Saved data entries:
>>>>>

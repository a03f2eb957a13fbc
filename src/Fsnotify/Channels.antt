-- ===== src/Fsnotify/Channels.antt =====
-- fsnotify/filewatcher.go: which update channels the watched queries have, and which were
-- closed.
pub mod Steps
pub mod Closures
pub mod Watching
pub mod Running
pub mod Frame
pub mod Labels
mod Tests
use hotload.Prelude.{
  Unique, Unique-erase, Unique-insert, All, erase, insert, lookup, ltb, str_eq, Bool-cases, inl,
  inr, subst, ℕ, suc, ◌+◌, ◌≤◌, ◌<◌, ◌≡◌, refl, String, Bool, true, false, Option, none, some, List,
  [], ◌∷◌, ◌++◌, arith, lookup, insert, erase, count, total, total-erase_found, total-insert,
  total-insert_found, if◌then◌else◌, ◌==◌,
}
use hotload.Fsnotify.{QueryWatch, PathWatch, Strategy, PendingOperation, send_all}

-- How much the queries of a path, and of all paths, weigh, if `g` weighs an update channel.
abbrev pub chan_total : (Option ℕ → ℕ) → List (String × QueryWatch) → ℕ
chan_total g qs = total (λ q. g q.update_chan) qs

abbrev pub sum : (Option ℕ → ℕ) → List (String × PathWatch) → ℕ
sum g m = total (λ w. chan_total g w.queries) m

abbrev pub is_nil : Option ℕ → ℕ
is_nil none = 1
is_nil (some d) = 0

abbrev pub is_chan : ℕ → Option ℕ → ℕ
is_chan c none = 0
is_chan c (some d) = if c == d then 1 else 0

-- A path has one entry, and so has a query of a path.
pub record IsKeyed (m : List (String × PathWatch)) : Type 0 where
  pub paths : Unique m
  pub queries : All (λ e. Unique e.1.queries) m

-- No query has a nil channel. A channel that was made, those before `next`, is that of one query or
-- was closed once. Without a watcher no path is watched.
pub record Sound (watches : List (String × PathWatch)) (closed : List ℕ) (next : ℕ)
    (watching : Bool) : Type 0 where
  pub keyed : IsKeyed watches
  pub no_nil : sum is_nil watches ≡ 0
  pub exact : (c : ℕ) → sum (is_chan c) watches + count c closed ≡ (if ltb c next then 1 else 0)
  pub watched : watching ≡ false → watches ≡ []

abbrev pub IsSound : Strategy → Type 0
IsSound s =
    (m : List (String × PathWatch)) × (s.paths ≡ some m)
    × Sound m s.closed s.next_chan s.has_watcher

queries-erase :
    (k : String) (m : List (String × PathWatch))
    → All (λ e. Unique e.1.queries) m
    → All (λ e. Unique e.1.queries) (erase k m)
unfolding erase
queries-erase k [] a = tt
queries-erase k (e ∷ m) (u, a) = elim (Bool-cases (str_eq e.0 k)) [
  | inl b ↦ rw (b, erase) (queries-erase k m a)
  | inr b ↦ rw (b, erase) (u, queries-erase k m a)
]

pub IsKeyed-erase : (k : String) (m : List (String × PathWatch)) → IsKeyed m → IsKeyed (erase k m)
IsKeyed-erase k m h = record {
  paths = Unique-erase k m h.paths;
  queries = queries-erase k m h.queries;
}

pub IsKeyed-insert :
    (k : String) (w : PathWatch) (m : List (String × PathWatch))
    → Unique w.queries
    → IsKeyed m
    → IsKeyed (insert k w m)
unfolding insert
IsKeyed-insert k w m u h = record {
  paths = Unique-insert k w m h.paths;
  queries = (u, queries-erase k m h.queries);
}

pub queries-Unique :
    (k : String) (w : PathWatch) (m : List (String × PathWatch))
    → All (λ e. Unique e.1.queries) m
    → lookup k m ≡ some w
    → Unique w.queries
unfolding lookup
queries-Unique k w [] a l = absurd (ground (arith, l))
queries-Unique k w (e ∷ m) (u, a) l = elim (Bool-cases (str_eq e.0 k)) [
  | inl b ↦ let same : e.1 ≡ w = ground (arith, b, l) in subst (λ v. Unique v.queries) same u
  | inr b ↦ queries-Unique k w m a (rw b at l)
]

pub Sound-once :
    {m : List (String × PathWatch)} {closed : List ℕ} {next : ℕ} {b : Bool}
    → Sound m closed next b
    → (c : ℕ) → sum (is_chan c) m + count c closed ≤ 1
Sound-once h c = ground (arith, h.exact c)

-- The paths `n` have the channels of `m`.
pub Sound-same :
    (m n : List (String × PathWatch)) (closed : List ℕ) (next : ℕ) (b : Bool)
    → Sound m closed next b
    → IsKeyed n
    → ((g : Option ℕ → ℕ) → sum g n ≡ sum g m)
    → (b ≡ false → n ≡ [])
    → Sound n closed next b
Sound-same m n closed next b h k eq w = record {
  keyed = k;
  no_nil = omega (arith, h.no_nil, eq is_nil);
  exact = λ c. omega (arith, h.exact c, eq (is_chan c));
  watched = w;
}

-- One channel of `m` is no longer watched and is closed.
pub Sound-close :
    (m n : List (String × PathWatch)) (closed : List ℕ) (next c : ℕ) (b : Bool)
    → Sound m closed next b
    → IsKeyed n
    → ((g : Option ℕ → ℕ) → sum g n + g (some c) ≡ sum g m)
    → (b ≡ false → n ≡ [])
    → Sound n (c ∷ closed) next b
unfolding count
Sound-close m n closed next c b h k eq w = record {
  keyed = k;
  no_nil = omega (arith, h.no_nil, eq is_nil);
  exact = λ d. omega (arith, h.exact d, eq (is_chan d));
  watched = w;
}

-- A query with a fresh channel is added.
pub Sound-open :
    (m n : List (String × PathWatch)) (closed : List ℕ) (next : ℕ)
    → Sound m closed next true
    → IsKeyed n
    → ((g : Option ℕ → ℕ) → sum g n ≡ g (some next) + sum g m)
    → Sound n closed (suc next) true
Sound-open m n closed next h k eq = record {
  keyed = k;
  no_nil = omega (arith, h.no_nil, eq is_nil);
  exact = λ d. ground (arith, h.exact d, eq (is_chan d));
  watched = λ z. ground arith;
}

<<<<<

- **What the exercise asks**
Retype every record above exactly as it stands.

- **Finished exercise**
repository a03f2eb957a13fbc
filename src/Fsnotify/Channels.antt
-- ===== src/Fsnotify/Channels.antt =====
-- fsnotify/filewatcher.go: which update channels the watched queries have, and which were
-- closed.
pub mod Steps
pub mod Closures
pub mod Watching
pub mod Running
pub mod Frame
pub mod Labels
mod Tests
use hotload.Prelude.{
  Unique, Unique-erase, Unique-insert, All, erase, insert, lookup, ltb, str_eq, Bool-cases, inl,
  inr, subst, ℕ, suc, ◌+◌, ◌≤◌, ◌<◌, ◌≡◌, refl, String, Bool, true, false, Option, none, some, List,
  [], ◌∷◌, ◌++◌, arith, lookup, insert, erase, count, total, total-erase_found, total-insert,
  total-insert_found, if◌then◌else◌, ◌==◌,
}
use hotload.Fsnotify.{QueryWatch, PathWatch, Strategy, PendingOperation, send_all}

-- How much the queries of a path, and of all paths, weigh, if `g` weighs an update channel.
abbrev pub chan_total : (Option ℕ → ℕ) → List (String × QueryWatch) → ℕ
chan_total g qs = total (λ q. g q.update_chan) qs

abbrev pub sum : (Option ℕ → ℕ) → List (String × PathWatch) → ℕ
sum g m = total (λ w. chan_total g w.queries) m

abbrev pub is_nil : Option ℕ → ℕ
is_nil none = 1
is_nil (some d) = 0

abbrev pub is_chan : ℕ → Option ℕ → ℕ
is_chan c none = 0
is_chan c (some d) = if c == d then 1 else 0

-- A path has one entry, and so has a query of a path.
pub record IsKeyed (m : List (String × PathWatch)) : Type 0 where
  pub paths : Unique m
  pub queries : All (λ e. Unique e.1.queries) m

-- No query has a nil channel. A channel that was made, those before `next`, is that of one query or
-- was closed once. Without a watcher no path is watched.
pub record Sound (watches : List (String × PathWatch)) (closed : List ℕ) (next : ℕ)
    (watching : Bool) : Type 0 where
  pub keyed : IsKeyed watches
  pub no_nil : sum is_nil watches ≡ 0
  pub exact : (c : ℕ) → sum (is_chan c) watches + count c closed ≡ (if ltb c next then 1 else 0)
  pub watched : watching ≡ false → watches ≡ []

abbrev pub IsSound : Strategy → Type 0
IsSound s =
    (m : List (String × PathWatch)) × (s.paths ≡ some m)
    × Sound m s.closed s.next_chan s.has_watcher

queries-erase :
    (k : String) (m : List (String × PathWatch))
    → All (λ e. Unique e.1.queries) m
    → All (λ e. Unique e.1.queries) (erase k m)
unfolding erase
queries-erase k [] a = tt
queries-erase k (e ∷ m) (u, a) = elim (Bool-cases (str_eq e.0 k)) [
  | inl b ↦ rw (b, erase) (queries-erase k m a)
  | inr b ↦ rw (b, erase) (u, queries-erase k m a)
]

pub IsKeyed-erase : (k : String) (m : List (String × PathWatch)) → IsKeyed m → IsKeyed (erase k m)
IsKeyed-erase k m h = record {
  paths = Unique-erase k m h.paths;
  queries = queries-erase k m h.queries;
}

pub IsKeyed-insert :
    (k : String) (w : PathWatch) (m : List (String × PathWatch))
    → Unique w.queries
    → IsKeyed m
    → IsKeyed (insert k w m)
unfolding insert
IsKeyed-insert k w m u h = record {
  paths = Unique-insert k w m h.paths;
  queries = (u, queries-erase k m h.queries);
}

pub queries-Unique :
    (k : String) (w : PathWatch) (m : List (String × PathWatch))
    → All (λ e. Unique e.1.queries) m
    → lookup k m ≡ some w
    → Unique w.queries
unfolding lookup
queries-Unique k w [] a l = absurd (ground (arith, l))
queries-Unique k w (e ∷ m) (u, a) l = elim (Bool-cases (str_eq e.0 k)) [
  | inl b ↦ let same : e.1 ≡ w = ground (arith, b, l) in subst (λ v. Unique v.queries) same u
  | inr b ↦ queries-Unique k w m a (rw b at l)
]

pub Sound-once :
    {m : List (String × PathWatch)} {closed : List ℕ} {next : ℕ} {b : Bool}
    → Sound m closed next b
    → (c : ℕ) → sum (is_chan c) m + count c closed ≤ 1
Sound-once h c = ground (arith, h.exact c)

-- The paths `n` have the channels of `m`.
pub Sound-same :
    (m n : List (String × PathWatch)) (closed : List ℕ) (next : ℕ) (b : Bool)
    → Sound m closed next b
    → IsKeyed n
    → ((g : Option ℕ → ℕ) → sum g n ≡ sum g m)
    → (b ≡ false → n ≡ [])
    → Sound n closed next b
Sound-same m n closed next b h k eq w = record {
  keyed = k;
  no_nil = omega (arith, h.no_nil, eq is_nil);
  exact = λ c. omega (arith, h.exact c, eq (is_chan c));
  watched = w;
}

-- One channel of `m` is no longer watched and is closed.
pub Sound-close :
    (m n : List (String × PathWatch)) (closed : List ℕ) (next c : ℕ) (b : Bool)
    → Sound m closed next b
    → IsKeyed n
    → ((g : Option ℕ → ℕ) → sum g n + g (some c) ≡ sum g m)
    → (b ≡ false → n ≡ [])
    → Sound n (c ∷ closed) next b
unfolding count
Sound-close m n closed next c b h k eq w = record {
  keyed = k;
  no_nil = omega (arith, h.no_nil, eq is_nil);
  exact = λ d. omega (arith, h.exact d, eq (is_chan d));
  watched = w;
}

-- A query with a fresh channel is added.
pub Sound-open :
    (m n : List (String × PathWatch)) (closed : List ℕ) (next : ℕ)
    → Sound m closed next true
    → IsKeyed n
    → ((g : Option ℕ → ℕ) → sum g n ≡ g (some next) + sum g m)
    → Sound n closed (suc next) true
Sound-open m n closed next h k eq = record {
  keyed = k;
  no_nil = omega (arith, h.no_nil, eq is_nil);
  exact = λ d. ground (arith, h.exact d, eq (is_chan d));
  watched = λ z. ground arith;
}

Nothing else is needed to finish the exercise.